Stored items

=== Begin Enclosure ===

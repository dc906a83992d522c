-- ===== src/Auth/Fields/RoundTrip.antt =====
-- Fields that are written as the expression wants them are found again, in order.
use gate_control.Base.{
  ℕ, zero, suc, ◌+◌, ◌-◌, ◌<◌, true, List, [], ◌∷◌, ◌++◌, none, some, length, length-append,
  take-length, ◌≡◌, refl, sym, ap, ◌∙◌, map, All, arith,
}
use gate_control.Base.Text.{Str, codes}
use gate_control.Auth.Fields.{
  Match, is_space, is_word, span, skip_comma, finish, after_key, match_here, search_from, matches,
  last_is_quote, unquote,
}
use gate_control.Auth.Fields.Written.{
  Field, pair, field_text, fields_text, IsField, Stops, span-append, letter_not_space,
  word_not_quote, match_here-key, match_value-quotes, match_value-word, quotes, word,
}

-- The value as it is matched.
abbrev raw : Field → Str
raw (quotes k v) = b'"' ∷ (v ++ (b'"' ∷ []))
raw (word k v) = v

match_here-field :
    (f : Field) (s : Str)
    → IsField f
    → Stops is_word s
    → match_here (field_text f s)
      ≡ some (record { key = (pair f).0; value = raw f; rest = (span is_space (skip_comma s)).1 })
unfolding finish
match_here-field (quotes k v) s h e =
    match_here-key k (b'"' ∷ (v ++ (b'"' ∷ s))) h.0 h.1
    ∙ ap (finish k) (match_value-quotes v s h.2 h.3 h.4 h.5)
match_here-field (word k v) s h e =
    match_here-key k (v ++ s) h.0 h.1 ∙ ap (finish k) (match_value-word v s h.2 h.3 e)

search_from-here : (s : Str) (m : Match) → match_here s ≡ some m → search_from s ≡ some m
unfolding search_from
search_from-here [] m h = unfold match_here after_key span in cc
search_from-here (c ∷ s) m h = rw (h, search_from)

-- Where nothing matches at a byte, the search goes on behind it.
pub search_from-skip :
    (c : ℕ) (s : Str) → match_here (c ∷ s) ≡ none → search_from (c ∷ s) ≡ search_from s
unfolding search_from
search_from-skip c s h = rw (h, search_from)

last_is_quote-append : (v : Str) → last_is_quote (v ++ (b'"' ∷ [])) ≡ true
last_is_quote-append [] = refl
last_is_quote-append (c ∷ []) = refl
last_is_quote-append (c ∷ d ∷ v) = last_is_quote-append (d ∷ v)

unquote-raw : (f : Field) → IsField f → unquote (raw f) ≡ (pair f).1
unfolding unquote
unquote-raw (quotes k v) h =
    let e : length (v ++ (b'"' ∷ [])) ≡ length v + 1 = omega (arith, length-append v (b'"' ∷ [])) in
    let e' : suc (length (v ++ (b'"' ∷ []))) - 2 ≡ length v = omega arith in
    rw (last_is_quote-append (b'"' ∷ v), e') (take-length v (b'"' ∷ []))
unquote-raw (word k []) h = refl
unquote-raw (word k (c ∷ v)) h = rw (word_not_quote c h.3.0)

abbrev pub key_value : Match → Str × Str
key_value m = (m.key, unquote m.value)

Stops-field_text : (f : Field) (s : Str) → IsField f → Stops is_space (field_text f s)
Stops-field_text (quotes [] v) s h = absurd h.1
Stops-field_text (quotes (c ∷ k) v) s h = letter_not_space c h.0.0
Stops-field_text (word [] v) s h = absurd h.1
Stops-field_text (word (c ∷ k) v) s h = letter_not_space c h.0.0

Stops-fields_text :
    (f : Field) (fs : List Field) → IsField f → Stops is_space (fields_text (f ∷ fs))
Stops-fields_text f [] h = Stops-field_text f [] h
Stops-fields_text f (g ∷ fs) h = Stops-field_text f _ h

matches-nil : (fuel : ℕ) → matches fuel [] ≡ []
unfolding matches search_from
matches-nil zero = refl
matches-nil (suc fuel) = refl

-- One round of the iterator, at a field.
matches-field_text :
    (fuel : ℕ) (f : Field) (s : Str)
    → IsField f
    → Stops is_word s
    → map key_value (matches (suc fuel) (field_text f s))
      ≡ pair f ∷ map key_value (matches fuel (span is_space (skip_comma s)).1)
unfolding matches
matches-field_text fuel f s h e =
    rw (search_from-here (field_text f s) _ (match_here-field f s h e), matches)
      (ap (λ v. ((pair f).0, v) ∷ map key_value (matches fuel (span is_space (skip_comma s)).1))
        (unquote-raw f h))

-- One match for each field, with enough fuel.
pub matches-fields_text :
    (fuel : ℕ) (fs : List Field)
    → length fs < fuel
    → All IsField fs
    → map key_value (matches fuel (fields_text fs)) ≡ map pair fs
matches-fields_text zero fs h v = absurd (omega arith)
matches-fields_text (suc fuel) [] h v = ap (map key_value) (matches-nil (suc fuel))
matches-fields_text (suc fuel) (f ∷ []) h v =
    matches-field_text fuel f [] v.0 tt
    ∙ unfold skip_comma span in ap (λ ms. pair f ∷ map key_value ms) (matches-nil fuel)
matches-fields_text (suc fuel) (f ∷ g ∷ fs) h v =
    matches-field_text fuel f _ v.0 refl
    ∙ ap (λ s. pair f ∷ map key_value (matches fuel s)) next_text
    ∙ ap (◌∷◌ (pair f)) (matches-fields_text fuel (g ∷ fs) (omega arith) v.1)
  where
    next_text :
        (span is_space (skip_comma (b',' ∷ b' ' ∷ fields_text (g ∷ fs)))).1 ≡ fields_text (g ∷ fs)
    next_text =
        unfold skip_comma in
        ap (λ r. r.1)
          (span-append is_space (b' ' ∷ []) (fields_text (g ∷ fs)) (refl, tt)
            (Stops-fields_text g fs v.1.0))

matches_of_search :
    (fuel : ℕ) (s t : Str) → search_from s ≡ search_from t → matches fuel s ≡ matches fuel t
unfolding matches
matches_of_search zero s t h = refl
matches_of_search (suc fuel) s t h =
    ap (λ o. elim o [ none ↦ [] | some m ↦ m ∷ matches fuel m.rest ]) h

match_here-fields_text :
    (f : Field) (fs : List Field)
    → IsField f
    → (m : Match) × (match_here (fields_text (f ∷ fs)) ≡ some m)
match_here-fields_text f [] h = (_, match_here-field f [] h tt)
match_here-fields_text f (g ∷ fs) h = (_, match_here-field f _ h refl)

match_here-space : (s : Str) → match_here (b' ' ∷ s) ≡ match_here s
unfolding match_here span
match_here-space s = refl

skip_Digest : (s : Str) → search_from (codes "Digest " ++ s) ≡ search_from (b' ' ∷ s)
unfolding search_from match_here span after_key
skip_Digest s = refl

search_from-Digest :
    (s : Str) (m : Match) → match_here s ≡ some m → search_from (codes "Digest " ++ s) ≡ some m
search_from-Digest s m h = skip_Digest s ∙ search_from-here (b' ' ∷ s) m (match_here-space s ∙ h)

-- The scheme's name before the fields is no field.
pub matches-Digest :
    (fuel : ℕ) (f : Field) (fs : List Field)
    → length (f ∷ fs) < fuel
    → All IsField (f ∷ fs)
    → map key_value (matches fuel (codes "Digest " ++ fields_text (f ∷ fs))) ≡ map pair (f ∷ fs)
matches-Digest fuel f fs h v =
    let (m, e) = match_here-fields_text f fs v.0 in
    let same = search_from-Digest _ m e ∙ sym (search_from-here (fields_text (f ∷ fs)) m e) in
    ap (map key_value) (matches_of_search fuel _ _ same) ∙ matches-fields_text fuel (f ∷ fs) h v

=== End Enclosure ===

THE TASK: The reply should consist solely of the lines above from the one that has "-- Fields that" through the one that has "abbrev raw : Field → Str", reproduced exactly.

THE ANSWER:
-- Fields that are written as the expression wants them are found again, in order.
use gate_control.Base.{
  ℕ, zero, suc, ◌+◌, ◌-◌, ◌<◌, true, List, [], ◌∷◌, ◌++◌, none, some, length, length-append,
  take-length, ◌≡◌, refl, sym, ap, ◌∙◌, map, All, arith,
}
use gate_control.Base.Text.{Str, codes}
use gate_control.Auth.Fields.{
  Match, is_space, is_word, span, skip_comma, finish, after_key, match_here, search_from, matches,
  last_is_quote, unquote,
}
use gate_control.Auth.Fields.Written.{
  Field, pair, field_text, fields_text, IsField, Stops, span-append, letter_not_space,
  word_not_quote, match_here-key, match_value-quotes, match_value-word, quotes, word,
}

-- The value as it is matched.
abbrev raw : Field → Str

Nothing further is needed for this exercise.